– Ох, Джо, – тихо прошептала я.

Сопровождающий меня доктор осторожно положил мне руку на плечо, пока я осматривала палату, пытаясь правильно оценить все то, что сейчас происходило в ней.

– Какая у него температура? – отрывисто и с тревогой в голосе поинтересовался кто-то из врачей.

– Пока всего лишь двадцать семь градусов, – послышался ответ.

Кто-то в отчаянии присвистнул, и я сразу догадалась, что новости оказались неутешительными.

– Введите еще адреналин.

– Сколько будет всего?

– Давайте попробуем применить перитонеальный диализ, – предложил кто-то, – потому что если мы не согреем этого парня в самое ближайшее время, то он…

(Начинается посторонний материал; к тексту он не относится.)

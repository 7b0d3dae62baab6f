-- ===== src/Handler/Select/Uids.antt =====
-- The uids of the sockets of the map of src/SocketHandler.cpp.
use cpp_sockets_library.Prelude.{
  ℕ, ◌≡◌, ◌≢◌, refl, ap, false, Option, none, some, List, [], ◌∷◌, ◌==◌, if◌then◌else◌, All, arith,
  Bool-cases, inl, inr,
}
use cpp_sockets_library.Handler.{Sock}
use cpp_sockets_library.Handler.Select.{take_uid}

abbrev pub Entries : Type 0
Entries = List (ℕ × ℕ)

abbrev pub uids : (ℕ → Sock) → ℕ → ℕ
uids mem p = (mem p).uid

-- Sockets of the map have uids of their own.
abbrev pub HasOwnUids : (ℕ → ℕ) → List (ℕ × ℕ) → Type 0
HasOwnUids uid [] = Unit {0}
HasOwnUids uid (x ∷ xs) = All (λ (y : ℕ × ℕ). uid y.1 ≢ uid x.1) xs × HasOwnUids uid xs

-- The entries that do not have the uid `u`, or one of `us`.
unfoldable pub without_uid : (ℕ → ℕ) → ℕ → List (ℕ × ℕ) → List (ℕ × ℕ)
without_uid uid u [] = []
without_uid uid u (x ∷ xs) =
    let rest = without_uid uid u xs in if uid x.1 == u then rest else x ∷ rest

unfoldable pub without : (ℕ → ℕ) → List ℕ → List (ℕ × ℕ) → List (ℕ × ℕ)
without uid [] xs = xs
without uid (u ∷ us) xs = without uid us (without_uid uid u xs)

pub without_absent :
    (uid : ℕ → ℕ) (u : ℕ) (xs : Entries)
    → All (λ (y : ℕ × ℕ). uid y.1 ≢ u) xs
    → without_uid uid u xs ≡ xs
unfolding without_uid
without_absent uid u [] v = refl
without_absent uid u (x ∷ xs) v = ground (arith, v.0, without_absent uid u xs v.1)

pub All-without_uid {ℓ} :
    (P : ℕ × ℕ → Type ℓ) (uid : ℕ → ℕ) (u : ℕ) (xs : Entries)
    → All P xs
    → All P (without_uid uid u xs)
unfolding without_uid
All-without_uid P uid u [] v = tt
All-without_uid P uid u (x ∷ xs) v = elim (Bool-cases (uid x.1 == u)) [
  | inl h ↦ rw h (All-without_uid P uid u xs v.1)
  | inr h ↦ rw h (v.0, All-without_uid P uid u xs v.1)
]

pub without_uid-HasOwnUids :
    (uid : ℕ → ℕ) (u : ℕ) (xs : Entries) → HasOwnUids uid xs → HasOwnUids uid (without_uid uid u xs)
unfolding without_uid
without_uid-HasOwnUids uid u [] v = tt
without_uid-HasOwnUids uid u (x ∷ xs) v = elim (Bool-cases (uid x.1 == u)) [
  | inl h ↦ rw h (without_uid-HasOwnUids uid u xs v.1)
  | inr h ↦ rw h (All-without_uid _ uid u xs v.0, without_uid-HasOwnUids uid u xs v.1)
]

pub without_uid-other :
    (uid : ℕ → ℕ) (u : ℕ) (xs : Entries) → All (λ (y : ℕ × ℕ). uid y.1 ≢ u) (without_uid uid u xs)
unfolding without_uid
without_uid-other uid u [] = tt
without_uid-other uid u (x ∷ xs) = elim (Bool-cases (uid x.1 == u)) [
  | inl h ↦ rw h (without_uid-other uid u xs)
  | inr h ↦ rw h (ground arith, without_uid-other uid u xs)
]

-- What take_uid finds.
abbrev pub Takes : (ℕ → ℕ) → ℕ → Entries → Option (ℕ × Entries) → Type 0
Takes uid u xs none = without_uid uid u xs ≡ xs
Takes uid u xs (some (p, ys)) = (uid p ≡ u) × (without_uid uid u xs ≡ ys)

pub take_uid-later :
    (uid : ℕ → ℕ) (u : ℕ) (x : ℕ × ℕ) (xs : Entries) (r : Option (ℕ × Entries))
    → Takes uid u xs r
    → (uid x.1 == u) ≡ false
    → Takes uid u (x ∷ xs) (elim r [ none ↦ none | some t ↦ some (t.0, x ∷ t.1) ])
unfolding without_uid
take_uid-later uid u x xs none t h = rw h (ap (◌∷◌ x) t)
take_uid-later uid u x xs (some (p, ys)) t h = rw h (t.0, ap (◌∷◌ x) t.1)

pub take_uid-Takes :
    (mem : ℕ → Sock) (u : ℕ) (xs : Entries)
    → HasOwnUids (uids mem) xs
    → Takes (uids mem) u xs (take_uid mem u xs)
unfolding take_uid without_uid
take_uid-Takes mem u [] v = refl
take_uid-Takes mem u (x ∷ xs) v = elim (Bool-cases (uids mem x.1 == u)) [
  | inl h ↦
      let same : uids mem x.1 ≡ u = ground arith in
      rw h (same, rw h (without_absent (uids mem) u xs (rw⁻¹ same v.0)))
  | inr h ↦
      rw (take_uid, h)
        (take_uid-later (uids mem) u x xs (take_uid mem u xs) (take_uid-Takes mem u xs v.1) h)
]
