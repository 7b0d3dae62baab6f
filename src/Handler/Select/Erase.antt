-- ===== src/Handler/Select/Erase.antt =====
-- CheckErasedSockets of src/SocketHandler.cpp.
use cpp_sockets_library.Prelude.{
  ℕ, ◌≤◌, ◌≡◌, ◌≢◌, refl, sym, ap, subst, fun_ext, ◌∙◌, true, ◌&&◌, Option, none, some, List, [],
  ◌∷◌, ltb, if◌then◌else◌, All, arith, Bool-cases, inl, inr,
}
use cpp_sockets_library.Handler.{SocketHandler, socket, update}
use cpp_sockets_library.Handler.Select.{
  take_uid, owns, delete_object, erase_all, max_fd, check_erased,
}
use cpp_sockets_library.Handler.Select.Uids.{
  Entries, uids, HasOwnUids, without_uid, without, All-without_uid, without_uid-HasOwnUids,
  without_uid-other, Takes, take_uid-Takes,
}

-- Deleting an object leaves the uids, and the other objects, as they are.
uid-delete_object :
    (p q : ℕ) (h : SocketHandler) → (socket (delete_object p h) q).uid ≡ (socket h q).uid
unfolding delete_object update
uid-delete_object p q h = ground arith

other-delete_object :
    (p q : ℕ) (h : SocketHandler) → q ≢ p → socket (delete_object p h) q ≡ socket h q
unfolding delete_object update
other-delete_object p q h n = ground arith

-- A step of the loop, for one uid.
unfoldable pub erase_taken : SocketHandler → Option (ℕ × Entries) → SocketHandler
erase_taken h r = elim r [
  | none ↦ h
  | some r ↦
      let h1 = if (socket h r.0).erased && owns h r.0 then delete_object r.0 h else h in
      record h1 { sockets = r.1 }
]

unfoldable pub erase_one : ℕ → SocketHandler → SocketHandler
erase_one u h = erase_taken h (take_uid h.env.mem u h.sockets)

pub erase_one-erase_taken :
    (u : ℕ) (h : SocketHandler) → erase_one u h ≡ erase_taken h (take_uid h.env.mem u h.sockets)
unfolding erase_one
erase_one-erase_taken u h = refl

pub erase_taken-some :
    (p : ℕ) (h : SocketHandler)
    → (socket h p).erased ≡ true
    → owns h p ≡ true
    → erase_taken h (some (p, [])) ≡ record (delete_object p h) { sockets = [] }
unfolding erase_taken
erase_taken-some p h m o = rw (m, o) refl

pub erase_taken-none : (h : SocketHandler) → erase_taken h none ≡ h
unfolding erase_taken
erase_taken-none h = refl

pub erase_all-erase_one :
    (u : ℕ) (us : List ℕ) (h : SocketHandler) → erase_all (u ∷ us) h ≡ erase_all us (erase_one u h)
unfolding erase_all erase_one erase_taken
erase_all-erase_one u us h = refl

-- What a step for the uid `u` keeps.
record Step (u : ℕ) (h h' : SocketHandler) : Type 0 where
  left : h'.sockets ≡ without_uid (uids h.env.mem) u h.sockets
  same_uids : uids h'.env.mem ≡ uids h.env.mem
  others : (q : ℕ) → (socket h q).uid ≢ u → socket h' q ≡ socket h q
  pending : h'.fds_erase ≡ h.fds_erase

taken-Step :
    (u : ℕ) (h : SocketHandler) (r : Option (ℕ × Entries))
    → Takes (uids h.env.mem) u h.sockets r
    → Step u h (erase_taken h r)
unfolding erase_taken
taken-Step u h none t = record {
  left = sym t;
  same_uids = refl;
  others = λ q n. refl;
  pending = refl;
}
taken-Step u h (some (p, ys)) t = elim (Bool-cases ((socket h p).erased && owns h p)) [
  | inl e ↦ rw e (record {
    left = sym t.1;
    same_uids = fun_ext (λ q. uid-delete_object p q h);
    others = λ q n. other-delete_object p q h (λ s. n (ap (uids h.env.mem) s ∙ t.0));
    pending = unfold delete_object in refl;
  })
  | inr e ↦ rw e (record { left = sym t.1; same_uids = refl; others = λ q n. refl; pending = refl })
]

erase_one-Step :
    (u : ℕ) (h : SocketHandler) → HasOwnUids (uids h.env.mem) h.sockets → Step u h (erase_one u h)
unfolding erase_one
erase_one-Step u h v =
    taken-Step u h (take_uid h.env.mem u h.sockets) (take_uid-Takes h.env.mem u h.sockets v)

-- What the loop for the uids `us` keeps.
record Steps (us : List ℕ) (h h' : SocketHandler) : Type 0 where
  left : h'.sockets ≡ without (uids h.env.mem) us h.sockets
  same_uids : uids h'.env.mem ≡ uids h.env.mem
  others : (q : ℕ) → All (λ (u : ℕ). (socket h q).uid ≢ u) us → socket h' q ≡ socket h q
  pending : h'.fds_erase ≡ h.fds_erase

erase_all-Steps :
    (us : List ℕ) (h : SocketHandler)
    → HasOwnUids (uids h.env.mem) h.sockets
    → Steps us h (erase_all us h)
unfolding without erase_all
erase_all-Steps [] h v = record {
  left = refl;
  same_uids = refl;
  others = λ q n. refl;
  pending = refl;
}
erase_all-Steps (u ∷ us) h v =
    let one = erase_one-Step u h v in
    let v1 : HasOwnUids (uids (erase_one u h).env.mem) (erase_one u h).sockets =
      rw (one.same_uids, one.left) (without_uid-HasOwnUids (uids h.env.mem) u h.sockets v) in
    let rest = erase_all-Steps us (erase_one u h) v1 in
    subst (Steps (u ∷ us) h) (sym (erase_all-erase_one u us h)) (record {
      left = rest.left ∙ rw (one.same_uids, one.left) refl;
      same_uids = rest.same_uids ∙ one.same_uids;
      others = λ q n. rest.others q (rw (one.others q n.0) n.1) ∙ one.others q n.0;
      pending = rest.pending ∙ one.pending;
    })

All-without {ℓ} :
    (P : ℕ × ℕ → Type ℓ) (uid : ℕ → ℕ) (us : List ℕ) (xs : Entries)
    → All P xs
    → All P (without uid us xs)
unfolding without
All-without P uid [] xs v = v
All-without P uid (u ∷ us) xs v =
    All-without P uid us (without_uid uid u xs) (All-without_uid P uid u xs v)

-- No entry that is left has a uid of the list.
All-both {ℓ κ} :
    {A : Type ℓ} (P Q : A → Type κ) (xs : List A) → All P xs → All Q xs → All (λ x. P x × Q x) xs
All-both P Q [] v w = tt
All-both P Q (x ∷ xs) v w = ((v.0, w.0), All-both P Q xs v.1 w.1)

abbrev pub Apart : (ℕ → ℕ) → List ℕ → ℕ × ℕ → Type 0
Apart uid us y = All (λ (u : ℕ). uid y.1 ≢ u) us

nil-Apart : (uid : ℕ → ℕ) (xs : Entries) → All (Apart uid []) xs
nil-Apart uid [] = tt
nil-Apart uid (x ∷ xs) = (tt, nil-Apart uid xs)

without-Apart : (uid : ℕ → ℕ) (us : List ℕ) (xs : Entries) → All (Apart uid us) (without uid us xs)
unfolding without
without-Apart uid [] xs = nil-Apart uid xs
without-Apart uid (u ∷ us) xs =
    All-both (λ (y : ℕ × ℕ). uid y.1 ≢ u) (Apart uid us) (without uid us (without_uid uid u xs))
      (All-without (λ (y : ℕ × ℕ). uid y.1 ≢ u) uid us (without_uid uid u xs)
        (without_uid-other uid u xs))
      (without-Apart uid us (without_uid uid u xs))

abbrev UpTo : ℕ → ℕ × ℕ → Type 0
UpTo n y = y.0 ≤ n

max_fd-UpTo : (m : ℕ) (xs : Entries) → (m ≤ max_fd m xs) × All (UpTo (max_fd m xs)) xs
unfolding max_fd
max_fd-UpTo m [] = (omega arith, tt)
max_fd-UpTo m (x ∷ xs) =
    let (le, all) = max_fd-UpTo (if ltb m x.0 then x.0 else m) xs in
    (ground (arith, le), (ground (arith, le), all))

abbrev Outcome : List ℕ → SocketHandler → SocketHandler → Type 0
Outcome us h h' =
    (h'.sockets ≡ without (uids h.env.mem) us h.sockets)
    × (h'.fds_erase ≡ [])
    × All (Apart (uids h.env.mem) us) h'.sockets
    × ((q : ℕ) → All (λ (u : ℕ). (socket h q).uid ≢ u) us → socket h' q ≡ socket h q)
    × (us ≢ [] → All (λ (y : ℕ × ℕ). y.0 ≤ h'.maxsock) h'.sockets)

emptied : List ℕ → SocketHandler → SocketHandler
emptied us h =
    let h1 = erase_all us (record h { fds_erase = [] }) in
    record h1 { maxsock = max_fd 0 h1.sockets }

emptied-Outcome :
    (us : List ℕ) (h : SocketHandler)
    → HasOwnUids (uids h.env.mem) h.sockets
    → Outcome us h (emptied us h)
unfolding emptied
emptied-Outcome us h v =
    let all = erase_all-Steps us (record h { fds_erase = [] }) v in
    (
      all.left,
      all.pending,
      rw all.left (without-Apart (uids h.env.mem) us h.sockets),
      all.others,
      λ n. (max_fd-UpTo 0 (erase_all us (record h { fds_erase = [] })).sockets).1,
    )

-- CheckErasedSockets takes out of the map exactly the sockets whose uids are in m_fds_erase, with no
-- uid twice in the map, empties m_fds_erase, changes no object of another uid, and, where there was
-- something to erase, m_maxsock is at least every descriptor that is left.
pub check_erased-Outcome :
    (h : SocketHandler)
    → HasOwnUids (uids h.env.mem) h.sockets
    → ((check_erased h).sockets ≡ without (uids h.env.mem) h.fds_erase h.sockets)
      × ((check_erased h).fds_erase ≡ [])
      × All (Apart (uids h.env.mem) h.fds_erase) (check_erased h).sockets
      × ((q : ℕ)
          → All (λ (u : ℕ). (socket h q).uid ≢ u) h.fds_erase
          → socket (check_erased h) q ≡ socket h q)
      × (h.fds_erase ≢ []
          → All (λ (y : ℕ × ℕ). y.0 ≤ (check_erased h).maxsock) (check_erased h).sockets)
unfolding check_erased
check_erased-Outcome h v = by_list h.fds_erase refl
  where
    by_list :
        (us : List ℕ)
        → h.fds_erase ≡ us
        → Outcome us h (elim us [
          | [] ↦ h
          | u ∷ us ↦
              let h1 = erase_all (u ∷ us) (record h { fds_erase = [] }) in
              record h1 { maxsock = max_fd 0 h1.sockets }
        ])
    by_list [] e = (
      unfold without in refl,
      e,
      nil-Apart (uids h.env.mem) h.sockets,
      λ q n. refl,
      λ n. absurd (n refl),
    )
    by_list (u ∷ us) e = unfold emptied in emptied-Outcome (u ∷ us) h v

Доктор, стоявший возле меня, громко прокашлялся.

– Обращаюсь ко всем, здесь с нами присутствует миссис Тэйлор. Можем ли мы на секундочку оставить ее одну с мужем?

В этот момент все головы повернулись в мою сторону, и каждый взгляд был полон сочувствия. Это тоже показалось мне плохим знаком.

Они расступились передо мной, как воды Красного моря, расчистив дорожку к койке Джо. С одной стороны мне хотелось попросить их всех выйти отсюда, чтобы оставить нас наедине, а с другой – вопить во весь голос, чтобы они не останавливались, чтобы не упускали ни секунды, продолжая работать, чтобы спасти его.

К счастью, никто из них и не собирался оставить свою работу и прекратить усилия реанимировать Джо. На дрожащих ногах я приблизилась к своему лежащему без сознания мужу, и все медики затихли, хотя и продолжали работать, только теперь они делали все почти беззвучно. Мне показалось, что лучше бы они продолжали с удвоенной энергией, как раньше. Их спокойствие и осторожность заставили меня подумать, что, возможно, они поняли всю тщетность своих усилий и теперь им самим стало ясно, что этот бой ими проигран.

Я подошла к Джо и теперь пыталась найти какую-нибудь доступную часть его тела – ладонь, руку, хоть что-нибудь, – откуда бы не тянулись трубки и провода. Но такого кусочка на его теле не оказалось.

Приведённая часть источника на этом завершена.